# Dr Z maz 18, 2x12 $1300 steal



## Peel Ferrari (Jun 22, 2017)

Kijiji - Buy, Sell & Save with Canada's #1 Local Classifieds


Visit Kijiji Classifieds to buy, sell, or trade almost anything! New and used items, cars, real estate, jobs, services, vacation rentals and more virtually anywhere.




www.kijiji.ca





im not affiliated but I have this amp

P


----------



## Sabzor (Aug 30, 2016)

Hell of a deal


----------



## Chito (Feb 17, 2006)

Great deal! Just too heavy for me these days.

GLWS!!


----------



## Peel Ferrari (Jun 22, 2017)

Chito said:


> Great deal! Just too heavy for me these days.
> 
> GLWS!!


for sure, killer amp tho


----------



## Chitmo (Sep 2, 2013)

I’ve see them for under $1500 pretty regularly, for the same reason nobody gigs with a twin.


----------



## 2manyGuitars (Jul 6, 2009)

I’ve got a 2x10 that I don’t gig with anymore (because it’s heavy and I’m old) and there’s no way I’d let mine go for that price.
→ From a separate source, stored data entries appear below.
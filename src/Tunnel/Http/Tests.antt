-- ===== src/Tunnel/Http/Tests.antt =====
-- Runs of an HTTP stream, and its theorems at concrete inputs.
use tuzy.Shared.{
  ◌+◌, ◌/◌, ◌<◌, ◌≡◌, inr, refl, true, false, List, [], ◌∷◌, ◌++◌, flatten, length, arith,
}
use tuzy.Protocol.{Bytes, Frame, req_body, stream_window}
use tuzy.Tunnel.Calls.{grants, returned}
use tuzy.Tunnel.Http.{
  HttpStream, finished, writing, new_http_stream, on_req_body, http_on_frame, Written, whole,
  closed_after, look, feed_step, HttpEvent, frame_in, feeds, http_step, http_run,
}
use tuzy.Tunnel.Http.Accounts.{IsConsistent, held, bodies, in_writing}
use tuzy.Tunnel.Http.Delivery.{http_run_in_order}
use tuzy.Tunnel.Http.Drain.{feeding, feeding_returns}
use tuzy.Tunnel.Http.Window.{windows, http_run_window}

abbrev body_frame : Bytes → Frame
body_frame p = record { type = req_body; stream_id = 3; payload = p; value = 0 }

-- Two chunks; the first is written, the second is in hand.
abbrev upload : List HttpEvent
upload =
    frame_in (body_frame (1 ∷ 2 ∷ []))
    ∷ feeds whole
    ∷ feeds whole
    ∷ feeds whole
    ∷ frame_in (body_frame (3 ∷ []))
    ∷ feeds whole
    ∷ []

abbrev after_upload : HttpStream
after_upload = record {
  cancelled = false;
  send_credit = record { avail = 1048576 };
  queue = [];
  queued = 1;
  req_ended = false;
  fed = false;
  feeder = writing (3 ∷ []);
  discard = false;
  ungranted = 2;
  written = 1 ∷ 2 ∷ [];
  pipe_ended = false;
}

upload_run : http_run 3 new_http_stream upload ≡ (after_upload, grants 2 ∷ [])
unfolding http_run http_step new_http_stream http_on_frame on_req_body feed_step look
upload_run = refl

http_run_in_order_example :
    after_upload.written ++ (in_writing after_upload.feeder ++ flatten after_upload.queue)
    ≡ bodies upload
http_run_in_order_example =
    http_run_in_order 3 upload after_upload (grants 2 ∷ []) upload_run refl refl refl

http_run_window_example :
    (held after_upload + after_upload.ungranted + windows (grants 2 ∷ []) ≡ length (bodies upload))
    × (after_upload.ungranted < stream_window / 4)
http_run_window_example = http_run_window 3 upload after_upload (grants 2 ∷ []) upload_run refl refl

-- The visitor is gone while the app still has to read three bytes.
abbrev left_over : HttpStream
left_over = record after_upload { cancelled = true; queue = (4 ∷ 5 ∷ []) ∷ []; queued = 3 }

left_over-IsConsistent : IsConsistent left_over
unfolding flatten
left_over-IsConsistent = record {
  counted = refl;
  bounded = omega arith;
  in_hand = omega arith;
  fed_finished = refl;
  emptied = refl;
  coalesced = omega arith;
}

abbrev closing_app : List Written
closing_app = whole ∷ whole ∷ whole ∷ closed_after 1 ∷ whole ∷ whole ∷ whole ∷ []

feeding_returns_example :
    ((http_run 3 left_over (feeding closing_app)).0.feeder ≡ finished)
    × ((http_run 3 left_over (feeding closing_app)).0.fed ≡ true)
    × (held (http_run 3 left_over (feeding closing_app)).0 ≡ 0)
    × (returned (http_run 3 left_over (feeding closing_app)).1 ≡ held left_over)
feeding_returns_example =
    feeding_returns 3 left_over closing_app left_over-IsConsistent (inr refl) (omega arith)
It think a new will run you a over $3000 _plus_ tax.


----------



## Budda (May 29, 2007)

Chitmo said:


> I’ve see them for under $1500 pretty regularly, for the same reason nobody gigs with a twin.


I take offence to that lol.

Also if its worth more to l&m then its useful as trade-in towards something you want.


----------



## sulphur (Jun 2, 2011)

Good amp for sure, but I think that the 2x12s are a bit tougher sell because of the weight factor.
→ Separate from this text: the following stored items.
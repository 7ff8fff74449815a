-- ===== src/Tunnel/LocalRequest.antt =====
-- internal/tunnel/http_stream.go: `BuildLocalRequest` with `targetURL`, which make the request to the local app and, in
-- LocalRequest/ResponseHeaders, `responseHeaders`, which takes the headers of its response for RES_HEAD. Headers are bytes.
pub mod ResponseHeaders
pub mod Framing
pub mod Listed
pub mod Forwarded
mod Tests
use tuzy.Shared.{
  ℕ, zero, suc, ◌+◌, Bool, true, false, ◌&&◌, ◌||◌, not, Option, none, some, List, [], ◌∷◌, ◌++◌,
  ◌==◌, same_bytes, if◌then◌else◌,
}
use tuzy.Protocol.{Bytes}
use tuzy.Tunnel.CloseReason.{ascii_bytes}
use tuzy.Tunnel.Client.Backoff.{ℤ, pos}

-- A header line.
abbrev pub HeaderLine : Type 0
HeaderLine = Bytes × Bytes

-- A URL, with all that is neither path, query nor fragment in one.
pub record Url : Type 0 where
  pub origin : Bytes
  pub path : Bytes
  pub raw_path : Bytes
  pub raw_query : Bytes
  pub fragment : Bytes

-- The method, the URL and the host of a request that `http.NewRequestWithContext` makes.
pub record Made : Type 0 where
  pub method : Bytes
  pub url : Url
  pub host : Bytes

-- What the code uses of the Go library: strings, header keys and URLs. `new_request` is
-- `http.NewRequestWithContext` on a method and a URL as printed by its `String`, which it may refuse: what it makes
-- has the URL as it is read again from the print.
pub record HttpLib : Type 0 where
  pub lower : Bytes → Bytes
  pub upper : Bytes → Bytes
  pub trim_space : Bytes → Bytes
  pub canonical : Bytes → Bytes
  pub parse_int : Bytes → Option ℤ
  pub parse_request_uri : Bytes → Option Url
  pub escaped_path : Url → Bytes
  pub new_request : Bytes → Url → Option Made

abbrev slash : ℕ
slash = 47

-- `strings.TrimRight(s, "/")`
unfoldable pub trim_slashes : Bytes → Bytes
trim_slashes [] = []
trim_slashes (b ∷ bs) =
    let rest = trim_slashes bs in if (b == slash) && same_bytes rest [] then [] else b ∷ rest

-- `targetURL`
unfoldable pub target_url : HttpLib → Url → Bytes → Option Url
unfolding trim_slashes
target_url lib target uri = elim (lib.parse_request_uri uri) [
  | none ↦ none
  | some ref ↦ some (record target {
    path = trim_slashes target.path ++ ref.path;
    raw_path = trim_slashes (lib.escaped_path target) ++ lib.escaped_path ref;
    raw_query = ref.raw_query;
    fragment = [];
  })
]

abbrev pub is_one_of : Bytes → List Bytes → Bool
is_one_of b [] = false
is_one_of b (n ∷ ns) = same_bytes b n || is_one_of b ns

-- `hopByHop`
abbrev pub hop_by_hop : List Bytes
hop_by_hop =
    ascii_bytes "connection"
    ∷ ascii_bytes "keep-alive"
    ∷ ascii_bytes "proxy-authenticate"
    ∷ ascii_bytes "proxy-authorization"
    ∷ ascii_bytes "proxy-connection"
    ∷ ascii_bytes "te"
    ∷ ascii_bytes "trailer"
    ∷ ascii_bytes "transfer-encoding"
    ∷ ascii_bytes "upgrade"
    ∷ []

-- What the loop over the visitor's headers keeps: the host, the length that they declare, whether the body is
-- chunked, and the header of the request, its lines with canonical keys in the order of the calls of `Add`.
pub record Scan : Type 0 where
  pub visitor_host : Bytes
  pub declared : Option ℕ
  pub chunked : Bool
  pub header : List HeaderLine

abbrev pub new_scan : Scan
new_scan = record { visitor_host = []; declared = none; chunked = false; header = [] }

abbrev pub or_declared : Option ℤ → Option ℕ → Option ℕ
or_declared (some (pos n)) old = some n
or_declared _ old = old

-- One round of the loop.
unfoldable pub scan_line : HttpLib → HeaderLine → Scan → Scan
scan_line lib (name, value) s =
    let n : Bytes = lib.lower name in
    if same_bytes n (ascii_bytes "host")
    then record s { visitor_host = value }
    else if same_bytes n (ascii_bytes "content-length")
    then record s { declared = or_declared (lib.parse_int value) s.declared }
    else if same_bytes n (ascii_bytes "transfer-encoding")
    then record s { chunked = true }
    else if is_one_of n hop_by_hop
    then s
    else record s { header = s.header ++ (lib.canonical name, value) ∷ [] }

unfoldable pub scan : HttpLib → List HeaderLine → Scan → Scan
unfolding scan_line
scan lib [] s = s
scan lib (l ∷ ls) s = scan lib ls (scan_line lib l s)

pub data Body : Type 0 where
  streamed no_body : Body

-- `http.Request`; a content length of none is -1, unknown. `silent` says that the key User-Agent has no value, so
-- that none is sent.
pub record Request : Type 0 where
  pub method : Bytes
  pub url : Url
  pub host : Bytes
  pub header : List HeaderLine
  pub silent : Bool
  pub content_length : Option ℕ
  pub body : Body

-- `methodMayHaveBody`
unfoldable pub method_may_have_body : HttpLib → Bytes → Bool
method_may_have_body lib m = not (
    is_one_of (lib.upper m) (
      ascii_bytes "GET"
      ∷ ascii_bytes "HEAD"
      ∷ ascii_bytes "OPTIONS"
      ∷ ascii_bytes "DELETE"
      ∷ ascii_bytes "TRACE"
      ∷ ascii_bytes "CONNECT"
      ∷ []))

abbrev pub with_length : ℕ → Request → Request
with_length zero r = record r { content_length = some 0; body = no_body }
with_length (suc n) r = record r { content_length = some (suc n) }

-- The switch on the length of the body. The first is what the caller knows of it, none for -1.
unfoldable pub frame_body : HttpLib → Bytes → Option ℕ → Option ℕ → Bool → Request → Request
unfolding method_may_have_body
frame_body lib m (some n) declared chunked r = with_length n r
frame_body lib m none (some n) chunked r = with_length n r
frame_body lib m none none chunked r =
    if chunked || method_may_have_body lib m
    then record r { content_length = none }
    else record r { content_length = some 0; body = no_body }

-- `http.Header.Get` of a canonical key.
unfoldable pub get_line : Bytes → List HeaderLine → Bytes
get_line key [] = []
get_line key ((k, v) ∷ ls) = let rest = get_line key ls in if same_bytes k key then v else rest

unfoldable pub without : Bytes → List HeaderLine → List HeaderLine
without key [] = []
without key ((k, v) ∷ ls) =
    let rest = without key ls in if same_bytes k key then rest else (k, v) ∷ rest

abbrev pub user_agent : Bytes
user_agent = ascii_bytes "User-Agent"

-- The last statement: an agent that is missing or empty is not replaced by Go's.
unfoldable pub silence_agent : Request → Request
unfolding get_line without
silence_agent r =
    if same_bytes (get_line user_agent r.header) []
    then record r { header = without user_agent r.header; silent = true }
    else r

-- `BuildLocalRequest` from the scan on; the Boolean says if the host header is rewritten.
unfoldable pub finish_request : HttpLib → Bool → Bytes → Made → Option ℕ → Scan → Request
unfolding frame_body silence_agent
finish_request lib rewrites m made body_len s = silence_agent (
    frame_body lib m body_len s.declared s.chunked (record {
      method = made.method;
      url = made.url;
      host =
          if not rewrites && not (same_bytes s.visitor_host []) then s.visitor_host else made.host;
      header = s.header;
      silent = false;
      content_length = some 0;
      body = streamed;
    }))

unfoldable pub request_to :
    HttpLib → Bool → Bytes → List HeaderLine → Option ℕ → Option Made → Option Request
unfolding finish_request scan
request_to lib rewrites m headers body_len none = none
request_to lib rewrites m headers body_len (some made) =
    some (finish_request lib rewrites m made body_len (scan lib headers new_scan))

-- `BuildLocalRequest`
unfoldable pub build_local_request :
    HttpLib → Url → Bool → Bytes → Bytes → List HeaderLine → Option ℕ → Option Request
unfolding target_url request_to
build_local_request lib target rewrites m uri headers body_len = elim (target_url lib target uri) [
  | none ↦ none
  | some url ↦ request_to lib rewrites m headers body_len (lib.new_request m url)
]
The Zbest cab I have here is north of 80 lbs.


----------



## 2manyGuitars (Jul 6, 2009)

Budda said:


> Also if its worth more to l&m then its useful as trade-in towards something you want.


Nah. They’ll look in the system and tell you “says here we sell used ones for $999” and offer you $700 in trade.

...but that’s plus tax, so it’s cool, right?


----------



## Budda (May 29, 2007)

2manyGuitars said:


> Nah. They’ll look in the system and tell you “says here we sell used ones for $999” and offer you $700 in trade.
> 
> ...but that’s plus tax, so it’s cool, right?


Only if they actually sell a few at $999 lol.


----------



## zdogma (Mar 21, 2006)

The 212 maz is a killer amp. I’d but it if I didn’t already have 2 Carrs, a Matchless and a Z Wreck. Jesus I have a problem...


----------



## Peel Ferrari (Jun 22, 2017)

I just had cart made with casters and voila its fine for gigs. An amp tech told me, best sound comes from big heavy cabs. I think he's right.


Chitmo said:


> I’ve see them for under $1500 pretty regularly, for the same reason nobody gigs with a twin.


----------



## RBlakeney (Mar 12, 2017)

zdogma said:


> The 212 maz is a killer amp. I’d but it if I didn’t already have 2 Carrs, a Matchless and a Z Wreck. Jesus I have a problem...


Is 4 amps a problem?


----------



## Chitmo (Sep 2, 2013)

RBlakeney said:


> Is 4 amps a problem?


Don’t think so


----------



## 2manyGuitars (Jul 6, 2009)

Budda said:


> Only if they actually sell a few at $999 lol.


See my L&M Blues Jr. thread.

Summary...

Guy brings in US Made Blues Jr. to trade towards a powered speaker.
Clerk checks computer and says “we sell them for $299 so 70% of that in trade”.
Dude declines and I buy it off of him in the parking lot (for more than $299)
_Exactly_ 1 week later, go into the same L&M for lessons and they have a used Blues Jr. for $499.

Assholes.


----------



## zdogma (Mar 21, 2006)

RBlakeney said:


> Is 4 amps a problem?


It’s not the number, more the total investment...


----------



## BlueRocker (Jan 5, 2020)

RBlakeney said:


> Is 4 amps a problem?


 It's 4 amps per structure (time to get another shed)


----------



## sillyak (Oct 22, 2016)

I saw one listed in AB for $1100 last spring. Not a single Z for sale right now in AB Kijiji. Things change I guess!


----------



## Frenchy99 (Oct 15, 2016)

RBlakeney said:


> Is 4 amps a problem?


Ha !


----------



## Chitmo (Sep 2, 2013)

zdogma said:


> It’s not the number, more the total investment...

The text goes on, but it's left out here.